# No-Till Drill for grass



## Vol (Jul 5, 2009)

What kind and type of No-Till drill do you prefer or use for primarily grass type seeds? Things to consider; large and small seed boxes, dependability, user friendly, and maintenance and parts.

Regards, Mike


----------



## springhollowhayfarm (Jan 25, 2011)

Great Plains. I have used Hay Buster a few times, but they break and don't have front colters before openers. I have a Great Plains NT606 (all I could afford) dirll with small seed option, just used it to do 30 acres using Bahia seed and brown top millet. The dirlls are pretty much the same design for 6ft to I think 13ft wide.

The great plains has alot of features, and adjustment to taylor the dirll to the seed and conditions your using and in. I really love the calabartion feature, lets you calabrate the drill for how many lbs per acre of seed before you ever go to feild. Takes all the guess work out of it. Anyway, I like it, pricey new, and hard to find used, was for me anyway, but works for me. I spent all day driving over to Tupelo MS to get mine, closest one I could find.


----------



## Hogleg (Dec 20, 2009)

Here is a list of SWCD locations by county in TN that rent these drills...

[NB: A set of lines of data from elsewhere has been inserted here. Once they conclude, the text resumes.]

-- ===== src/Prelude/Ranges.antt =====
-- Counted loops: the values that a loop variable takes, and lists gathered from them.
use Prim.Native.Nat.{ℕ, zero, suc, ◌+◌, ◌*◌, ◌<◌}
use mathlib.Core.Path.{◌≡◌, refl, ap, ◌∙◌}
use mathlib.Core.Logic.{◌⊎◌}
use mathlib.Core.List.{List, [], ◌∷◌, ◌++◌, map}
use mathlib.Core.Option.{some, some-injective}
use native.Mathlib.Omega.{arith}
use hipace.Prelude.Lists.{length, length-append, get_elem?, get_or, replicate}

-- `a, a + 1, ..`, with `n` elements: `for (i = a; i < a + n; ++i)`.
abbrev pub range_from : ℕ → ℕ → List ℕ
range_from a zero = []
range_from a (suc n) = a ∷ range_from (a + 1) n

-- `a + n - 1, .., a + 1, a`: `for (i = a + n - 1; i >= a; --i)`.
abbrev pub range_down : ℕ → ℕ → List ℕ
range_down a zero = []
range_down a (suc n) = (a + n) ∷ range_down a n

-- A predicate of every element.
abbrev pub All {ℓ κ} : {A : Type ℓ} → (A → Type κ) → List A → Type κ
All P [] = Unit
All P (x ∷ xs) = P x × All P xs

-- Membership with its place kept, as a sum.
abbrev pub In : {A : Type 0} → A → List A → Type 0
In a [] = ⊥
In a (x ∷ xs) = (x ≡ a) ⊎ In a xs

pub length-range_from : (a n : ℕ) → length (range_from a n) ≡ n
length-range_from a zero = refl
length-range_from a (suc n) = ap suc (length-range_from (a + 1) n)

pub length-range_down : (a n : ℕ) → length (range_down a n) ≡ n
length-range_down a zero = refl
length-range_down a (suc n) = ap suc (length-range_down a n)

pub get_elem?-range_from : (a n i : ℕ) → i < n → get_elem? (range_from a n) i ≡ some (a + i)
get_elem?-range_from a zero i h = absurd (omega arith)
get_elem?-range_from a (suc n) zero h = ap some (omega arith)
get_elem?-range_from a (suc n) (suc i) h =
    get_elem?-range_from (a + 1) n i (omega arith) ∙ ap some (omega arith)

module _ {ℓ} {A : Type ℓ} where
  pub get_elem?-append_left :
      (xs ys : List A) (i : ℕ) → i < length xs → get_elem? (xs ++ ys) i ≡ get_elem? xs i
  get_elem?-append_left [] ys i h = absurd (omega arith)
  get_elem?-append_left (x ∷ xs) ys zero h = refl
  get_elem?-append_left (x ∷ xs) ys (suc i) h = get_elem?-append_left xs ys i (omega arith)

  pub get_elem?-append_right :
      (xs ys : List A) (i : ℕ) → get_elem? (xs ++ ys) (length xs + i) ≡ get_elem? ys i
  get_elem?-append_right [] ys i = ap (get_elem? ys) (omega arith)
  get_elem?-append_right (x ∷ xs) ys i =
      let e : suc (length xs) + i ≡ suc (length xs + i) = omega arith in
      rw e (get_elem?-append_right xs ys i)

module _ {ℓ} {A : Type ℓ} where
  pub get_elem?-lt : (xs : List A) (i : ℕ) {a : A} → get_elem? xs i ≡ some a → i < length xs
  get_elem?-lt [] i h = cc
  get_elem?-lt (x ∷ xs) zero h = omega arith
  get_elem?-lt (x ∷ xs) (suc i) h = omega (arith, get_elem?-lt xs i h)

  pub get_elem?-some : (xs : List A) (i : ℕ) → i < length xs → (a : A) × (get_elem? xs i ≡ some a)
  get_elem?-some [] i h = absurd (omega arith)
  get_elem?-some (x ∷ xs) zero h = (x, refl)
  get_elem?-some (x ∷ xs) (suc i) h = get_elem?-some xs i (omega arith)

  pub get_or-replicate : (n i : ℕ) (a d : A) → i < n → get_or (replicate n a) i d ≡ a
  get_or-replicate zero i a d h = absurd (omega arith)
  get_or-replicate (suc n) zero a d h = refl
  get_or-replicate (suc n) (suc i) a d h = get_or-replicate n i a d (omega arith)

  pub get_elem?-map {κ} :
      {B : Type κ} (f : A → B) (xs : List A) (i : ℕ) {a : A}
      → get_elem? xs i ≡ some a
      → get_elem? (map f xs) i ≡ some (f a)
  get_elem?-map f [] i h = cc
  get_elem?-map f (x ∷ xs) zero h = ground arith
  get_elem?-map f (x ∷ xs) (suc i) h = get_elem?-map f xs i h

  -- Lists with the same elements at the same places are equal.
  pub get_elem?-ext : (xs ys : List A) → ((i : ℕ) → get_elem? xs i ≡ get_elem? ys i) → xs ≡ ys
  get_elem?-ext [] [] h = refl
  get_elem?-ext [] (y ∷ ys) h = cc (h 0)
  get_elem?-ext (x ∷ xs) [] h = cc (h 0)
  get_elem?-ext (x ∷ xs) (y ∷ ys) h =
      cc (some-injective x y (h 0), get_elem?-ext xs ys (λ i. h (suc i)))

module _ {ℓ κ} {A : Type ℓ} {B : Type κ} where
  -- What the rounds of a loop append to one list.
  abbrev pub gather : (A → List B) → List A → List B
  gather f [] = []
  gather f (x ∷ xs) = f x ++ gather f xs

module _ {ℓ} {B : Type ℓ} where
  pub length-gather :
      (f : ℕ → List B) (m a n : ℕ)
      → ((k : ℕ) → length (f k) ≡ m)
      → length (gather f (range_from a n)) ≡ m * n
  length-gather f m a zero h = omega arith
  length-gather f m a (suc n) h = omega (
    arith,
    length-append (f a) (gather f (range_from (a + 1) n)),
    h a,
    length-gather f m (a + 1) n h,
  )

  -- The element that round `j` of a loop appended as its `i`-th.
  pub get_elem?-gather :
      (f : ℕ → List B) (m a n j i : ℕ)
      → ((k : ℕ) → length (f k) ≡ m)
      → j < n
      → i < m
      → get_elem? (gather f (range_from a n)) (m * j + i) ≡ get_elem? (f (a + j)) i
  get_elem?-gather f m a zero j i h hj hi = absurd (omega arith)
  get_elem?-gather f m a (suc n) zero i h hj hi =
      ap (get_elem? (f a ++ gather f (range_from (a + 1) n))) (omega arith)
      ∙ get_elem?-append_left (f a) (gather f (range_from (a + 1) n)) i (omega (arith, h a))
      ∙ ap (λ t. get_elem? (f t) i) (omega arith)
  get_elem?-gather f m a (suc n) (suc j) i h hj hi =
      ap (get_elem? (f a ++ gather f (range_from (a + 1) n))) (omega (arith, h a))
      ∙ get_elem?-append_right (f a) (gather f (range_from (a + 1) n)) (m * j + i)
      ∙ get_elem?-gather f m (a + 1) n j i h (omega arith) hi
      ∙ ap (λ t. get_elem? (f t) i) (omega arith)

http://www.tn.gov/twra/pdfs/tngrassdrills.pdf

John


----------



## Toyes Hill Angus (Dec 21, 2010)

The Great Plains have big, easily accessible boxes. They are easy to set up. ...etc, BUT, if you plan on no filling into corn stalks or other trashy crop I wish you the best of luck. Plug does not begin to describe it, trash will not flow through just push.... its gotta be JD if you want to no till. Bring $, lots of it too. But when the other manufacturers machines will spread soybean seed on top of clay ground the Deere will plant the center of the highway and have proper seed to soil contact. But expensive.


----------



## mlappin (Jun 25, 2009)

Have to agree with Toyes Hill on this. We had a Great Plains no-till drill. Is nothing more than a heavy duty 3 point drill behind a coulter cart. While it does work and is simple to set up, it doesn't really work that well. With the placement of the no-till coulters if you have any kind of rolling or uneven ground, part of the time the coulters will be running way too deep and other times they will be out of the ground.

We are running a Hiniker 30' at the moment for planting beans and if I ever have the chance I'd like to replace it with a John Deere CCS No-till Air drill which basically uses the same planter units as the no till drills.


----------



## Vol (Jul 5, 2009)

Thanks fellas. Used to rent a drill(hayybuster) from local co-op, but they quit handling it because renters kept it inoperable. I would spend half a day trying to get it to work properly. Regards, Mike


----------